As long as there is enough room to molt i'd guess so


----------



## JC (Apr 17, 2007)

Obviously keep it ventilated and give it something to hang on


----------



## Evil_Berzerker (Apr 17, 2007)

yeah its certainly tall enough but is it wide enough thats what im realy askin, i probably should've made that clearer, sorry  because i understand that you need something like 2-3 times as wide as the adult mantis and about 3 times taller or something like that and i dont think a coke bottle would work in terms of width.


----------



## JC (Apr 17, 2007)

Yeah, thinking about it i suppose your right. You can buy some pretty cheap enclosures if you search enough


----------



## Evil_Berzerker (Apr 17, 2007)

yeah i suppose or i could just scrounge something from the kitchen like theres big clear rice tubs all sorts in there ill figure something out, by the way from the pictures i posted in the original post, like judging by those what instar do you think my mantis is at?
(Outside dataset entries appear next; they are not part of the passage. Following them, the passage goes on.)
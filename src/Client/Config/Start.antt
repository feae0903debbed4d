-- ===== src/Client/Config/Start.antt =====
-- The start of the client, from the command line and the configuration file.
use echo_proxy_core.Base.{
  ℕ, ◌≡◌, Option, none, some, List, [], ◌∷◌, ◌++◌, Bytes, or_default, or_else,
}
use echo_proxy_core.Client.Geosite
use echo_proxy_core.Client.Geoip
use echo_proxy_core.Client.Config.{
  ClientSection, Cli, Exit, no_endpoint, no_user, Settings, default_host, join_addr,
}

-- A setting that neither the command line nor the file has.
abbrev pub missing : Exit → Option Bytes → List Exit
missing e none = e ∷ []
missing e (some b) = []

abbrev pub start_faults : Cli → ClientSection → List Exit
start_faults cli file =
    missing no_endpoint (or_else cli.endpoint file.endpoint)
    ++ missing no_user (or_else cli.user file.user)

-- What is connected to, as whom, and where the listeners are: the command line before the file, and
-- the HTTP listener's host before the default for the SOCKS5 listener, which is there if it has a port.
abbrev pub http_host : Cli → ClientSection → Bytes
http_host cli file = or_default (or_else cli.host file.host) default_host

abbrev pub socks_addr : Cli → ClientSection → Option ℕ → Option Bytes
socks_addr cli file none = none
socks_addr cli file (some port) =
    some (join_addr (or_default (or_else cli.socks_host file.socks_host) (http_host cli file)) port)

abbrev pub Follows : Cli → ClientSection → Settings → Type 0
Follows cli file s =
    (or_else cli.endpoint file.endpoint ≡ some s.endpoint)
    × (or_else cli.user file.user ≡ some s.user)
    × (s.http_addr ≡ join_addr (http_host cli file) (or_default (or_else cli.port file.port) 9002))
    × (s.socks_addr ≡ socks_addr cli file (or_else cli.socks_port file.socks_port))
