-- ===== src/Text/Utf8.antt =====
-- `str::from_utf8`: which byte strings are UTF-8, by the automaton of the Unicode standard
-- (table 3-7), which is the test that the standard library documents.
use echo_proxy_core.Base.{
  ℕ, ◌≡◌, refl, Bool, true, false, [], ◌∷◌, ◌++◌, arith, Bytes, leb, within, ◌==◌, all,
  if◌then◌else◌,
}

-- The continuation bytes that must follow.
pub data Utf8State : Type 0 where
  start one two three after_e0 after_ed after_f0 after_f4 bad : Utf8State

lead : ℕ → Utf8State
lead b =
    if leb b 0x7f
    then start
    else if within 0xc2 0xdf b
    then one
    else if b == 0xe0
    then after_e0
    else if b == 0xed
    then after_ed
    else if within 0xe1 0xef b
    then two
    else if b == 0xf0
    then after_f0
    else if within 0xf1 0xf3 b
    then three
    else if b == 0xf4
    then after_f4
    else bad

unfoldable pub utf8_step : Utf8State → ℕ → Utf8State
unfolding lead
utf8_step start b = lead b
utf8_step one b = if within 0x80 0xbf b then start else bad
utf8_step two b = if within 0x80 0xbf b then one else bad
utf8_step three b = if within 0x80 0xbf b then two else bad
utf8_step after_e0 b = if within 0xa0 0xbf b then one else bad
utf8_step after_ed b = if within 0x80 0x9f b then one else bad
utf8_step after_f0 b = if within 0x90 0xbf b then two else bad
utf8_step after_f4 b = if within 0x80 0x8f b then two else bad
utf8_step bad b = bad

abbrev utf8_run : Utf8State → Bytes → Utf8State
utf8_run st [] = st
utf8_run st (b ∷ bs) = utf8_run (utf8_step st b) bs

abbrev is_start : Utf8State → Bool
is_start start = true
is_start _ = false

-- Whether `from_utf8` accepts the bytes.
unfoldable pub is_utf8 : Bytes → Bool
unfolding utf8_step
is_utf8 bs = is_start (utf8_run start bs)

utf8_run-append :
    (st : Utf8State) (xs ys : Bytes) → utf8_run st (xs ++ ys) ≡ utf8_run (utf8_run st xs) ys
utf8_run-append st [] ys = refl
utf8_run-append st (x ∷ xs) ys = utf8_run-append (utf8_step st x) xs ys

is_start-eq : (st : Utf8State) → is_start st ≡ true → st ≡ start
is_start-eq start h = refl
is_start-eq one h = cc
is_start-eq _ h = cc

-- Text joined to text is text.
pub is_utf8-append :
    (xs ys : Bytes) → is_utf8 xs ≡ true → is_utf8 ys ≡ true → is_utf8 (xs ++ ys) ≡ true
unfolding is_utf8
is_utf8-append xs ys hx hy =
    ground (arith, utf8_run-append start xs ys, is_start-eq (utf8_run start xs) hx)

-- ASCII is text.
pub ascii-is_utf8 : (bs : Bytes) → all (λ b. leb b 127) bs ≡ true → is_utf8 bs ≡ true
unfolding is_utf8
ascii-is_utf8 [] h = refl
ascii-is_utf8 (b ∷ bs) h = ground (arith, ascii-is_utf8 bs)
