-- ===== src/Frame.antt =====
-- core-lib/src/frame.rs: the frames of the mux protocol and their wire format,
-- | 1 byte type | 4 byte stream_id (big-endian) | payload |. A `u32` is a number below 2 ^ 32; a
-- `String` is its UTF-8 bytes.
pub mod BigEndian
pub mod RoundTrip
pub mod Errors
use echo_proxy_core.Base.{
  ℕ, ◌^◌, ◌<◌, ◌≡◌, Bool, true, false, List, [], ◌∷◌, ◌++◌, Bytes, ◌==◌, All, Result, ok, err,
  if◌then◌else◌,
}
use echo_proxy_core.Text.Utf8.{is_utf8}
use BigEndian.{to_be_bytes, from_be_bytes}

pub data Frame : Type 0 where
  hello : Bytes → Frame
  open_stream : ℕ → Bytes → Frame
  open_ack : ℕ → Bool → Frame
  data_frame : ℕ → Bytes → Frame
  close : ℕ → Frame

pub data FrameError : Type 0 where
  too_short : FrameError
  unknown_type : ℕ → FrameError
  invalid_utf8 : FrameError

abbrev pub type_open : ℕ
type_open = 0x01

abbrev pub type_open_ack : ℕ
type_open_ack = 0x02

abbrev pub type_data : ℕ
type_data = 0x03

abbrev pub type_close : ℕ
type_close = 0x04

abbrev pub type_hello : ℕ
type_hello = 0x10

unfoldable pub encode : Frame → Bytes
unfolding to_be_bytes
encode (hello token) = type_hello ∷ to_be_bytes 0 ++ token
encode (open_stream id dest) = type_open ∷ to_be_bytes id ++ dest
encode (open_ack id is_ok) = type_open_ack ∷ to_be_bytes id ++ (if is_ok then 0 else 1) ∷ []
encode (data_frame id bytes) = type_data ∷ to_be_bytes id ++ bytes
encode (close id) = type_close ∷ to_be_bytes id

decode_ack : ℕ → Bytes → Result FrameError Frame
decode_ack id [] = err too_short
decode_ack id (status ∷ rest) = ok (open_ack id (status == 0))

-- The `match frame_type`.
decode_payload : ℕ → ℕ → Bytes → Result FrameError Frame
unfolding decode_ack
decode_payload frame_type id payload =
    if frame_type == type_hello
    then (if is_utf8 payload then ok (hello payload) else err invalid_utf8)
    else if frame_type == type_open
    then (if is_utf8 payload then ok (open_stream id payload) else err invalid_utf8)
    else if frame_type == type_open_ack
    then decode_ack id payload
    else if frame_type == type_data
    then ok (data_frame id payload)
    else if frame_type == type_close
    then ok (close id)
    else err (unknown_type frame_type)

-- `buf.len() < 5` is the catch-all clause.
unfoldable pub decode : Bytes → Result FrameError Frame
unfolding decode_payload from_be_bytes
decode (frame_type ∷ a ∷ b ∷ c ∷ d ∷ payload) =
    decode_payload frame_type (from_be_bytes a b c d) payload
decode _ = err too_short

-- What the types of the source promise of a value: bytes are `u8`, ids `u32`, strings UTF-8.
abbrev pub IsBytes : Bytes → Type 0
IsBytes = All (λ b. b < 256)

abbrev pub IsFrame : Frame → Type 0
IsFrame (hello token) = is_utf8 token ≡ true
IsFrame (open_stream id dest) = (id < 2 ^ 32) × (is_utf8 dest ≡ true)
IsFrame (open_ack id is_ok) = id < 2 ^ 32
IsFrame (data_frame id bytes) = id < 2 ^ 32
IsFrame (close id) = id < 2 ^ 32
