-- ===== src/Session/Table.antt =====
-- `std::collections::HashMap` with `u32` keys, as an association list. The program never walks over
-- a map, so the order of the entries is not observable.
use echo_proxy_core.Base.{
  ℕ, ◌+◌, ◌≤◌, ◌≡◌, refl, Bool, Option, none, some, List, [], ◌∷◌, arith, ◌==◌, if◌then◌else◌,
}

abbrev pub HashMap : Type 0 → Type 0
HashMap V = List (ℕ × V)

module _ {V : Type 0} where
  unfoldable pub empty : HashMap V
  empty = []

  unfoldable pub lookup : ℕ → HashMap V → Option V
  lookup k [] = none
  lookup k ((j, v) ∷ m) = if j == k then some v else lookup k m

  without : ℕ → HashMap V → HashMap V
  without k [] = []
  without k ((j, v) ∷ m) = let rest = without k m in if j == k then rest else (j, v) ∷ rest

  -- The value that was there, and the map without it.
  unfoldable pub remove : ℕ → HashMap V → Option V × HashMap V
  unfolding lookup without
  remove k m = (lookup k m, without k m)

  unfoldable pub insert : ℕ → V → HashMap V → HashMap V
  unfolding without
  insert k v m = (k, v) ∷ without k m

  lookup-without :
      (k j : ℕ) (m : HashMap V) → lookup j (without k m) ≡ (if k == j then none else lookup j m)
  unfolding lookup without
  lookup-without k j [] = ground arith
  lookup-without k j ((i, v) ∷ m) = ground (arith, lookup-without k j m)

  pub lookup-remove :
      (k j : ℕ) (m : HashMap V) → lookup j (remove k m).1 ≡ (if k == j then none else lookup j m)
  unfolding remove
  lookup-remove k j m = lookup-without k j m

  pub remove_value : (k : ℕ) (m : HashMap V) → (remove k m).0 ≡ lookup k m
  unfolding remove
  remove_value k m = refl

  pub lookup-insert :
      (k j : ℕ) (v : V) (m : HashMap V)
      → lookup j (insert k v m) ≡ (if k == j then some v else lookup j m)
  unfolding insert lookup
  lookup-insert k j v m = ground (arith, lookup-without k j m)

  -- How many of the values in the table, or in an option, satisfy `p`.
  abbrev pub total : (V → Bool) → HashMap V → ℕ
  total p [] = 0
  total p ((j, v) ∷ m) = (if p v then 1 else 0) + total p m

  abbrev pub weight : (V → Bool) → Option V → ℕ
  weight p none = 0
  weight p (some v) = if p v then 1 else 0

  total-without : (p : V → Bool) (k : ℕ) (m : HashMap V) → total p (without k m) ≤ total p m
  unfolding without
  total-without p k [] = omega arith
  total-without p k ((j, v) ∷ m) = ground (arith, total-without p k m)

  total-found :
      (p : V → Bool) (k : ℕ) (m : HashMap V)
      → total p (without k m) + weight p (lookup k m) ≤ total p m
  unfolding without lookup
  total-found p k [] = omega arith
  total-found p k ((j, v) ∷ m) = ground (arith, total-found p k m, total-without p k m)

  -- A value that is removed is counted no more.
  pub total-remove :
      (p : V → Bool) (k : ℕ) (m : HashMap V)
      → total p (remove k m).1 + weight p (remove k m).0 ≤ total p m
  unfolding remove
  total-remove p k m = total-found p k m

  pub total-insert :
      (p : V → Bool) (k : ℕ) (v : V) (m : HashMap V)
      → total p (insert k v m) ≤ (if p v then 1 else 0) + total p m
  unfolding insert
  total-insert p k v m = omega (arith, total-without p k m)

pub lookup-empty : {V : Type 0} (k : ℕ) → lookup k (empty {V = V}) ≡ none
unfolding lookup empty
lookup-empty k = refl

pub ruleset map_laws = (lookup-remove, remove_value, lookup-insert, lookup-empty)
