-- ===== src/Session.antt =====
-- core-lib/src/session.rs: the registry of streams. Locks are held only inside one operation, so
-- each operation is a function of the map. `Tx` is the sending half of an async channel.
pub mod Table
use echo_proxy_core.Base.{ℕ, Option, none, some, Bytes}
use Table.{HashMap, lookup, insert, remove, empty}

-- A send that the code makes on a channel: `route` ignores its result.
pub record Delivery (Tx : Type 0) : Type 0 where
  pub to : Tx
  pub payload : Bytes

pub record StreamRegistry (Tx : Type 0) : Type 0 where
  pub inner : HashMap Tx

-- The capacity of a stream's channel.
abbrev pub stream_capacity : ℕ
stream_capacity = 32

module _ {Tx : Type 0} where
  unfoldable pub new : StreamRegistry Tx
  unfolding empty
  new = record { inner = empty }

  -- `bounded` is what this call of `channel::bounded` returns at its capacity.
  unfoldable pub register :
      {Rx : Type 0} → (ℕ → Tx × Rx) → ℕ → StreamRegistry Tx → Rx × StreamRegistry Tx
  unfolding insert
  register bounded id r =
      let (tx, rx) = bounded stream_capacity in (rx, record { inner = insert id tx r.inner })

  -- The send, if any, that a DATA payload causes.
  unfoldable pub route : ℕ → Bytes → StreamRegistry Tx → Option (Delivery Tx)
  unfolding lookup
  route id payload r = elim (lookup id r.inner) [
    | none ↦ none
    | some tx ↦ some (record { to = tx; payload = payload })
  ]

  unfoldable pub close : ℕ → StreamRegistry Tx → StreamRegistry Tx
  unfolding remove
  close id r = record { inner = (remove id r.inner).1 }

  unfoldable pub close_all : StreamRegistry Tx → StreamRegistry Tx
  unfolding empty
  close_all r = record { inner = empty }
anyways im off to bed for now so we can continue this tomorrow  lol

night!


----------



## Rick (Apr 17, 2007)

Width is not so imporatant. Obviously give it some room to move around but for nymphs height is important to molt.


----------



## JC (Apr 17, 2007)

Night m8


----------



## hibiscusmile (Apr 18, 2007)

Just wondering if u have the very large pickle jars there? if u can get the grocery buyer in the house to purchase the pickles u could use the jar. u would just need to put some net over the top with rubber band. also i sometimes use the nets onions or oranges come in. they keep the larger ones in. u could double up on them to keep small feeders in. if u do not find anything let me know and i will try to send u something suitable! have fun !


----------



## Evil_Berzerker (Apr 18, 2007)

ide use something like that but ide like to ahve something that looks a lot more interesting than a pickle jar with a scabby piece of netting on the top and it gives me something conscructive to do in woodwork for the last few weeks of term, plus it can be used as an example of my work when i go looking for an apprenticeship, so it has more than one use


----------